5002 Decision Tree Memo

Type of Decision Tree

ID3 Information gain
C4.5 Information gain normalized by entropy(split info).
CART

Entropy

To measure how informative a distribution is. The formula is as follows: $\text{Entropy} = - \sum p log p$ Here, the logarithm is based on a base of two. The greater the entropy is, the less informative the distribution is. For example:

P(tail) = 0.5  P(tail) = 0.5  entropy = 1
P(tail) = 1    P(tail) = 0    entropy =

We assume 0log 0 = 0 in the calculation

Information gain

Suppose we get a table having columns: race, income, label

We calculate the base information(entropy): Info(label) = entropy(p_yes, p_no)
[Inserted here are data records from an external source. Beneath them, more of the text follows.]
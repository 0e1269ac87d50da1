-- ===== src/Modem/SoftHdlc/Flips.antt =====
-- Flipping the same bits twice changes nothing, so that a trial leaves the buffered bits alone.
use packet_radio_rs.Base.{
  ℕ, zero, suc, ◌≤◌, ◌≡◌, ◌≢◌, refl, sym, ap, ap₂, ◌∙◌, arith, List, [], ◌∷◌, bit_xor,
  bit_xor_assoc, bit_xor_self, bit_xor-zero, ℕ_discrete, dec_lt, length, get_or, get_or-set,
  get_or-set_other, set, set-set, set_comm, set_self,
}
use packet_radio_rs.Modem.SoftHdlc.Recovery.{flip, flip_all}

set_out : (xs : List ℕ) (i v : ℕ) → length xs ≤ i → set xs i v ≡ xs
set_out [] i v h = refl
set_out (x ∷ xs) zero v h = absurd (omega arith)
set_out (x ∷ xs) (suc i) v h = ap (◌∷◌ x) (set_out xs i v (omega arith))

twice_bit : (a : ℕ) → bit_xor (bit_xor a 1) 1 ≡ a
twice_bit a = bit_xor_assoc a 1 1 ∙ ap (bit_xor a) (bit_xor_self 1) ∙ bit_xor-zero a

pub flip_twice : (i : ℕ) (bits : List ℕ) → flip i (flip i bits) ≡ bits
unfolding flip
flip_twice i bits = elim (dec_lt i (length bits)) [
  | yes h ↦
      ap (λ (v : ℕ). set (set bits i (bit_xor (get_or bits i 0) 1)) i (bit_xor v 1))
        (get_or-set bits i (bit_xor (get_or bits i 0) 1) 0 h)
      ∙ set-set bits i _ _
      ∙ ap (set bits i) (twice_bit (get_or bits i 0))
      ∙ set_self bits i 0
  | no h ↦
      let out : (v : ℕ) → set bits i v ≡ bits = λ v. set_out bits i v (omega arith) in
      ap (flip i) (out (bit_xor (get_or bits i 0) 1)) ∙ out (bit_xor (get_or bits i 0) 1)
]

pub flip_comm : (i j : ℕ) (bits : List ℕ) → flip i (flip j bits) ≡ flip j (flip i bits)
unfolding flip
flip_comm i j bits = elim (ℕ_discrete i j) [
  | yes e ↦ ap₂ (λ (x y : ℕ). flip x (flip y bits)) e (sym e)
  | no ne ↦
      let other : j ≢ i = λ e. ne (sym e) in
      rw
        (
          get_or-set_other bits j i (bit_xor (get_or bits j 0) 1) 0 other,
          get_or-set_other bits i j (bit_xor (get_or bits i 0) 1) 0 ne,
        )
        (set_comm bits j i _ _ other)
]

flip_all-flip :
    (flips : List ℕ) (i : ℕ) (bits : List ℕ)
    → flip_all flips (flip i bits) ≡ flip i (flip_all flips bits)
unfolding flip_all
flip_all-flip [] i bits = refl
flip_all-flip (j ∷ flips) i bits =
    ap (flip_all flips) (flip_comm j i bits) ∙ flip_all-flip flips i (flip j bits)

pub flip_all_twice : (flips bits : List ℕ) → flip_all flips (flip_all flips bits) ≡ bits
unfolding flip_all
flip_all_twice [] bits = refl
flip_all_twice (i ∷ flips) bits =
    ap (flip_all flips) (sym (flip_all-flip flips i (flip i bits)))
    ∙ ap (λ t. flip_all flips (flip_all flips t)) (flip_twice i bits)
    ∙ flip_all_twice flips bits
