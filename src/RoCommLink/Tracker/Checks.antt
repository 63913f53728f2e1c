-- ===== src/RoCommLink/Tracker/Checks.antt =====
-- What a check of the timeouts does to one transaction, with its promise and its packet.
use knowledge_acquisition.Prelude.{
  ℕ, ◌+◌, ◌≤◌, ◌<◌, ◌≡◌, refl, arith, none, some, List, [], ◌∷◌, ltb, ◌∙◌, ◌⊎◌, lookup, Fresh,
  Distinct, Bool-cases, inl, inr,
}
use knowledge_acquisition.RoCommLink.Packet.{Packet}
use knowledge_acquisition.RoCommLink.Tracker.{
  Transaction, Tracker, check_loop, check_timeouts, max_retries, timeout_duration,
}
use knowledge_acquisition.RoCommLink.Tracker.Keys.{IsValid}
use knowledge_acquisition.RoCommLink.Tracker.Settle.{count_key, count, count_key-settle_failed}
use knowledge_acquisition.RoCommLink.Tracker.Expiry.{
  checked, HasFailed, lookup-check_timeouts, HasFailed-check, checked_again, checked_out,
}

-- The packet was handed to the retry callback.
abbrev pub IsResent : Packet → List Packet → Type 0
IsResent packet [] = ⊥
IsResent packet (p ∷ packets) = (p ≡ packet) ⊎ IsResent packet packets

checked_kept :
    (now : ℕ) (t : Transaction) → now ≤ t.last_sent + timeout_duration → checked now t ≡ some t
checked_kept now t e = ground arith

given_up-Fresh :
    (k now : ℕ) (m : List (ℕ × Transaction)) → Fresh k m → count k (check_loop now m).given_up ≡ 0
unfolding check_loop count
given_up-Fresh k now [] f = refl
given_up-Fresh k now ((j, t) ∷ m) f = ground (arith, given_up-Fresh k now m f.1)

given_up-kept :
    (k now : ℕ) (m : List (ℕ × Transaction)) (t u : Transaction)
    → Distinct m
    → lookup k m ≡ some t
    → checked now t ≡ some u
    → count k (check_loop now m).given_up ≡ 0
unfolding check_loop count
given_up-kept k now [] t u d e x = refl
given_up-kept k now ((j, v) ∷ m) t u d e x =
    ground (arith, given_up-kept k now m t u d.1, given_up-Fresh k now m)

given_up-out :
    (k now : ℕ) (m : List (ℕ × Transaction)) (t : Transaction)
    → Distinct m
    → lookup k m ≡ some t
    → checked now t ≡ none
    → count k (check_loop now m).given_up ≡ 1
unfolding check_loop count
given_up-out k now [] t d e x = absurd cc
given_up-out k now ((j, v) ∷ m) t d e x =
    ground (arith, given_up-out k now m t d.1, given_up-Fresh k now m)

IsResent-check_loop :
    (k now : ℕ) (m : List (ℕ × Transaction)) (t : Transaction)
    → lookup k m ≡ some t
    → t.last_sent + timeout_duration < now
    → t.retries < max_retries
    → IsResent t.packet (check_loop now m).resent
unfolding check_loop
IsResent-check_loop k now [] t e l r = absurd cc
IsResent-check_loop k now ((j, v) ∷ m) t e l r = ground (arith, IsResent-check_loop k now m t)

-- How often the promise of `k` was set.
abbrev pub times_set : ℕ → Tracker → ℕ
times_set k c = count_key k c.settled

times_set-kept :
    (k now : ℕ) (c : Tracker) (t u : Transaction)
    → IsValid c
    → lookup k c.transactions ≡ some t
    → checked now t ≡ some u
    → times_set k (check_timeouts now c).0 ≡ times_set k c
unfolding check_timeouts
times_set-kept k now c t u v e x =
    let a = count_key-settle_failed k (check_loop now c.transactions).given_up c.settled in
    let b = given_up-kept k now c.transactions t u v.keys e x in omega arith

times_set-out :
    (k now : ℕ) (c : Tracker) (t : Transaction)
    → IsValid c
    → lookup k c.transactions ≡ some t
    → checked now t ≡ none
    → times_set k (check_timeouts now c).0 ≡ times_set k c + 1
unfolding check_timeouts
times_set-out k now c t v e x =
    let a = count_key-settle_failed k (check_loop now c.transactions).given_up c.settled in
    let b = given_up-out k now c.transactions t v.keys e x in omega arith

-- On a valid tracker one of three things happens to a transaction. Sent no more than 500 ms ago, it
-- stays as it is, and its promise is not set. Sent longer ago, and again less than three times, it is
-- marked as sent now with one retry more, its packet is handed to the retry callback, and its promise
-- is not set. Sent longer ago, and again three times at least, it leaves the map, and its promise is
-- set once, to FAILED.
pub check_timeouts_lem :
    (k now : ℕ) (c : Tracker) (t : Transaction)
    → IsValid c
    → lookup k c.transactions ≡ some t
    → let (d, resent) = check_timeouts now c in
      ((now ≤ t.last_sent + 500_000_000)
        × (lookup k d.transactions ≡ some t)
        × (times_set k d ≡ times_set k c))
      ⊎ (((t.last_sent + 500_000_000 < now)
            × (t.retries < 3)
            × (lookup k d.transactions
                ≡ some (record t { retries = t.retries + 1; last_sent = now }))
            × IsResent t.packet resent
            × (times_set k d ≡ times_set k c))
          ⊎ ((t.last_sent + 500_000_000 < now)
              × (3 ≤ t.retries)
              × (lookup k d.transactions ≡ none)
              × HasFailed k d.settled
              × (times_set k d ≡ times_set k c + 1)))
check_timeouts_lem k now c t v e =
    let l = lookup-check_timeouts k now c v in
    elim (Bool-cases (ltb (t.last_sent + timeout_duration) now)) [
      | inr f ↦
          let early : now ≤ t.last_sent + timeout_duration = ground arith in
          let x = checked_kept now t early in
          inl (omega arith, l ∙ rw e x, times_set-kept k now c t t v e x)
      | inl f ↦
          let late : t.last_sent + timeout_duration < now = ground arith in
          elim (Bool-cases (ltb t.retries max_retries)) [
            | inl g ↦
                let left : t.retries < max_retries = ground arith in
                let x = checked_again now t late left in
                inr (
                  inl (
                    omega arith,
                    omega arith,
                    l ∙ rw e x,
                    (unfold check_timeouts in
                        IsResent-check_loop k now c.transactions t e late left),
                    times_set-kept k now c t (record t { retries = t.retries + 1; last_sent = now })
                        v e x,
                  ))
            | inr g ↦
                let out : max_retries ≤ t.retries = ground arith in
                let x = checked_out now t late out in
                inr (
                  inr (
                    omega arith,
                    omega arith,
                    l ∙ rw e x,
                    HasFailed-check k now c t e x,
                    times_set-out k now c t v e x,
                  ))
          ]
    ]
We calculate the information associated with an attribute. Info(race) = p_black * entropy(p_yes, p_no | black) + p_white * entropy(p_yes, p_no | white) Here, p_black means the proportion of the black attribute

And we can calculate the information gain by: Gain(race) = Info(label) - Info(race)

We should choose the one with the greatest gain.

C4.5

We use a new measurement: Gain(race) = Info(label) - Info(race) / entropy(race)

Comparison with ID3

ID3 tends to choose the attributes with more values. C4.5 tries to penalize attributes with more values.

CART

It uses gini index to calculate the Info. gini(p_i, …) = 1 - \sum p_i^2 Info(label) = gini(p_yes, p_no) Info(white) = gini(p_yes, p_no | white) Info(black) = gini(p_yes, p_no | black) Info(race) = p_black * Info(black) + p_white * Info(white) Gain(race) = Info(label) - Info(race)

Intuition of Gini

Suppose we get two kinds of balls: x and y. The probability of picking x is p_x, and correspondingly p_y. The probability of taking two balls of different kinds is: 1 - P_x^2 - P_y^2.